Work has been intense, me being in charge of a major event that 15 of the seniors are taking part in for a state-level scholarship. I try to not take it on myself and let them decide the level of dedication they want to commit, but this is the first year I've been in charge all by myself and their work reflects on me and on our school.

I'm supposed to start my masters degree this summer.

My house is still such a den of chaos. It's hard for me to feel peace and relax there. I need to fix it.

Boys are dumb.

I hate money.

Boo hoo me. I have so much to be grateful for if I can get out of my head long enough to notice anything around me.

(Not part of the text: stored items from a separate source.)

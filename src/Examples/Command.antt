-- ===== src/Examples/Command.antt =====
-- src/tamara_tmr_pass.cpp on the sample platform.
use tamara.Cone.Successors.{Globals}
use tamara.Sample.Netlist.{Netlist, platform, kernel}
use tamara.Util.Links.{linked}
use tamara.Cone.Search.{LogicCone, search}
use tamara.Sample.Shared.{second_cone, shared, gate, memory, plain}
use tamara.Util.Connections.{analyse_connections}
use tamara.Rtlil.Kernel.{cell, wire}
use tamara.Util.Names.{error_sink_annotation}
use tamara.Sample.Laws.{attributes}
use tamara.Common.{Result, [], some, ◌≡◌, select, ◌∷◌, false, inr, inl, refl, ◌≢◌, err, Error, none}
use tamara.Pass.{execute, Session, locate_error_sink, mark_memories_ignored}
use tamara.Pass.Ends.{execute-Ended}
use tamara.Pass.Sink.{locate_error_sink-only, only_sink}
use tamara.Pass.Memories.{memory-unlinked}

abbrev globals : Globals platform
globals = record { next_id = 0; explored = [] }

abbrev links : platform.wire_map.Map
links = (analyse_connections platform shared).wires

-- the cone of y2 before its search
abbrev unsearched : LogicCone platform
unsearched = record second_cone {
  frontier = [];
  cone = [];
  input_nodes = [];
  voter_cut_point = none;
}

execute-Ended_example :
    (search platform links unsearched ≢ err Error.out_of_fuel)
    × ((r : Result (Unit {0} × Session platform)) × (execute platform (some shared) globals
          ≡ some r))
execute-Ended_example = execute-Ended platform links unsearched (some shared) globals

locate_error_sink-only_example :
    locate_error_sink platform shared
    ≡ only_sink platform (
        select
          (λ w. kernel.has_attribute shared (wire w) error_sink_annotation)
          (kernel.wires shared))
locate_error_sink-only_example = locate_error_sink-only platform shared

abbrev with_memory : Netlist
with_memory = record shared { cells = gate ∷ memory ∷ [] }

memory-unlinked_example :
    (linked platform.ptr_set platform.wire_map
        (analyse_connections platform (mark_memories_ignored platform with_memory)).wires
        (cell memory)
        (wire (plain "t"))
      ≡ false)
    × (linked platform.ptr_set platform.wire_map
          (analyse_connections platform (mark_memories_ignored platform with_memory)).wires
          (wire (plain "t"))
          (cell memory)
        ≡ false)
memory-unlinked_example =
    memory-unlinked platform attributes with_memory memory (wire (plain "t")) (inr (inl refl)) refl
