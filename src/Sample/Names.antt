-- ===== src/Sample/Names.antt =====
-- That no two objects of a sample netlist share a name, by computation.
use text.Mathlib.TextEquality.{eq_iff}
use tamara.Sample.Netlist.{Item, platform, same_item_iff, same_item}
use tamara.Cone.Search.{all_neighbours}
use tamara.Cone.Search.Behind.{UniqueNames}
use tamara.Util.Connections.{get_rtlil_name}
use tamara.Common.{Bool, List, ◌≡◌, true, In, not, ◌∷◌, inl, str_eq, ◌&&◌, arith, ap, ◌||◌, inr, []}

abbrev all_of : {A : Type 0} → (A → Bool) → List A → Bool
all_of f [] = true
all_of f (x ∷ xs) = f x && all_of f xs

all_of-In :
    {A : Type 0} (f : A → Bool) (a : A) (xs : List A) → all_of f xs ≡ true → In a xs → f a ≡ true
all_of-In f a [] h member = absurd member
all_of-In f a (x ∷ xs) h (inl e) = ground (arith, ap f e)
all_of-In f a (x ∷ xs) h (inr member) = all_of-In f a xs (ground arith) member

abbrev apart_from : Item → Item → Bool
apart_from a b =
    not (str_eq (get_rtlil_name platform a) (get_rtlil_name platform b)) || same_item a b

abbrev pub are_apart : List Item → Bool
are_apart items = all_of (λ a. all_of (apart_from a) items) items

pub UniqueNames-are_apart :
    (connections : platform.wire_map.Map)
    → are_apart (all_neighbours platform connections) ≡ true
    → UniqueNames platform connections
UniqueNames-are_apart connections h a b at_a at_b same =
    let items = all_neighbours platform connections in
    let apart =
      all_of-In (apart_from a) b items (all_of-In (λ a. all_of (apart_from a) items) a items h at_a)
        at_b in
    (same_item_iff a b).0
      (ground (arith, eq_iff (get_rtlil_name platform a) (get_rtlil_name platform b)))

I get these bursts of inspiration, of peace, of "you got this, you can do it." I get these bursts where Heavenly Father says, "This is the direction I want you to go." I cling to those. I try to nurture them and help them flourish and prioritize those things. It helps when I do that. But it lasts such a short time.

One by one. That's what He told me a couple weeks ago when I was spinny with discontent. Reach out to one at a time. Each day I prayed for someone to help and I did it whenever I felt that nudge. I texted a friend, walked with a colleague, cuddled a baby. I stopped spinning for a couple of days. All of that fueled me for the coming week of chaos. I want to keep doing my one by one.

But I'm so stuck inside of my own. blasted. head.

It's crowded in here.

I've been visiting my sister this weekend. Her family is beautiful. Her children are such bright spheres of sweetness and love. They are a happy space. I've been fighting the spin all weekend to be present, enjoy, feed and be fed by the love and light. Sometimes I've won and been present. But right now I just need to write.

I've sloughed off a little bit now.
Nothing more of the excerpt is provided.